==== Given records ====

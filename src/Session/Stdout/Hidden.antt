-- ===== src/Session/Stdout/Hidden.antt =====
-- src-tauri/src/agent/session_actor.rs: in quarantine nothing of the CLI's output is shown, until it
-- says that the run is idle or has failed.
use open_covibe_web.Claude.{map_event}
use open_covibe_web.Common.{
  if◌then◌else◌, ℕ, String, Bool, true, false, none, some, List, [], ◌∷◌, ◌≡◌, arith, trim,
  unwrap_or, Option,
}
use open_covibe_web.Models.{BusEvent, run_state}
use open_covibe_web.Models.Json.{Json, get_str}
use open_covibe_web.Session.Turn.{apply_activity_reset}
use open_covibe_web.Session.Actor.{
  relayed, Effect, emitted, realtime, SessionActor, Wire, json, Line, write_line,
}
use open_covibe_web.Session.Control.{
  resolve_waiter, handle_control_event_internal, auto_response, auto_context,
  build_control_response, subtype_of, text_of,
}
use open_covibe_web.Session.Stdout.{
  touch, quarantine_events, count_invalid, is_boundary, is_valid_event, mapped, route,
  handle_stdout_line, unparsed, handle_parsed,
}

-- The events of the log that reach the user, stored or not.
abbrev pub shown : List Effect → List BusEvent
shown [] = []
shown (emitted ev ∷ log) = ev ∷ shown log
shown (relayed ev ∷ log) = ev ∷ shown log
shown (realtime ev ∷ log) = ev ∷ shown log
shown (e ∷ log) = shown log

-- No event says that the run is idle or has failed.
abbrev pub NoBoundary : List BusEvent → Type 0
NoBoundary [] = Unit
NoBoundary (run_state s c e ∷ evs) = (is_boundary s ≡ false) × NoBoundary evs
NoBoundary (ev ∷ evs) = NoBoundary evs

-- What a hidden line leaves alone.
pub record Hidden (a b : SessionActor) : Type 0 where
  pub shown : shown b.log ≡ shown a.log
  pub prompt : b.pending_interactive_request ≡ a.pending_interactive_request
  pub quarantine : b.quarantine_until_result ≡ a.quarantine_until_result

Hidden-refl : (a : SessionActor) → Hidden a a
Hidden-refl a = ground arith

Hidden-trans : (a b c : SessionActor) → Hidden a b → Hidden b c → Hidden a c
Hidden-trans a b c h k = ground arith

quarantine_events-Hidden :
    (w : Wire) (a : SessionActor) (now : ℕ) (evs : List BusEvent)
    → NoBoundary evs
    → Hidden a (quarantine_events w a now evs)
unfolding quarantine_events
quarantine_events-Hidden w a now [] h = Hidden-refl a
quarantine_events-Hidden w a now (run_state s c e ∷ evs) h =
    ground (arith, quarantine_events-Hidden w a now evs h.1)
quarantine_events-Hidden w a now (ev ∷ evs) h =
    let b = if is_valid_event ev then a else count_invalid a in
    Hidden-trans a b _ (ground arith) (quarantine_events-Hidden w b now evs h)

write_line-Hidden :
    (a : SessionActor) (label : String) (strict : Bool) (line : Line)
    → Hidden a (write_line a label strict line).0
unfolding write_line
write_line-Hidden a label strict line = ground arith

resolve_waiter-Hidden : (a : SessionActor) (parsed : Json) → Hidden a (resolve_waiter a parsed)
unfolding resolve_waiter
resolve_waiter-Hidden a parsed = ground arith

-- A control message of an internal turn or in quarantine shows the user nothing and asks for no
-- decision, and the quarantine stays as it is.
pub handle_control_event_internal-Hidden :
    (a : SessionActor) (parsed : Json) (t : String)
    → Hidden a (handle_control_event_internal a parsed t)
unfolding handle_control_event_internal
handle_control_event_internal-Hidden a parsed t =
    let answer = auto_response (subtype_of parsed) in
    let payload = build_control_response (text_of "request_id" parsed) answer in
    ground (
      arith,
      resolve_waiter-Hidden a parsed,
      write_line-Hidden a (auto_context answer) false (json payload),
    )

route-Hidden :
    (w : Wire) (a : SessionActor) (now : ℕ) (parsed : Json) (t : String)
    → a.quarantine_until_result ≡ true
    → NoBoundary (map_event w.outside a.protocol parsed).1
    → Hidden a (route w a now parsed t)
unfolding route
route-Hidden w a now parsed t q h =
    let b = (mapped w a parsed).0 in
    ground (
      arith,
      handle_control_event_internal-Hidden a parsed t,
      quarantine_events-Hidden w b now (mapped w a parsed).1 h,
    )

-- What a line is read as stands for no idle or failed run state; so does a line that is no JSON.
abbrev pub NoEnd : Wire → SessionActor → Option Json → Type 0
NoEnd w a none = Unit
NoEnd w a (some parsed) = NoBoundary (map_event w.outside a.protocol parsed).1

read-Hidden :
    (w : Wire) (a : SessionActor) (now : ℕ) (text : String) (o : Option Json)
    → a.quarantine_until_result ≡ true
    → NoEnd w a o
    → Hidden a (elim o [ none ↦ unparsed a text | some parsed ↦ handle_parsed w a now parsed ])
unfolding unparsed apply_activity_reset
read-Hidden w a now text none q h = ground arith
read-Hidden w a now text (some parsed) q h =
    ground (arith, route-Hidden w (touch a now) now parsed (unwrap_or "" (get_str "type" parsed)))

-- In quarantine a line of a Claude session shows the user nothing, asks for no decision, and leaves
-- the session in quarantine, unless it is JSON that stands for an idle or failed run state.
pub handle_stdout_line-Hidden :
    (w : Wire) (a : SessionActor) (now : ℕ) (line : String)
    → a.codex ≡ none
    → a.quarantine_until_result ≡ true
    → NoEnd w a (w.from_str (trim line))
    → Hidden a (handle_stdout_line w a now line)
unfolding handle_stdout_line
handle_stdout_line-Hidden w a now line c q h =
    ground (arith, read-Hidden w a now (trim line) (w.from_str (trim line)) q h)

====

What you are asked to do: Filter the listing down to the lines holding the word "Option", and return those.

Reply to the exercise:
  unwrap_or, Option,
abbrev pub NoEnd : Wire → SessionActor → Option Json → Type 0
    (w : Wire) (a : SessionActor) (now : ℕ) (text : String) (o : Option Json)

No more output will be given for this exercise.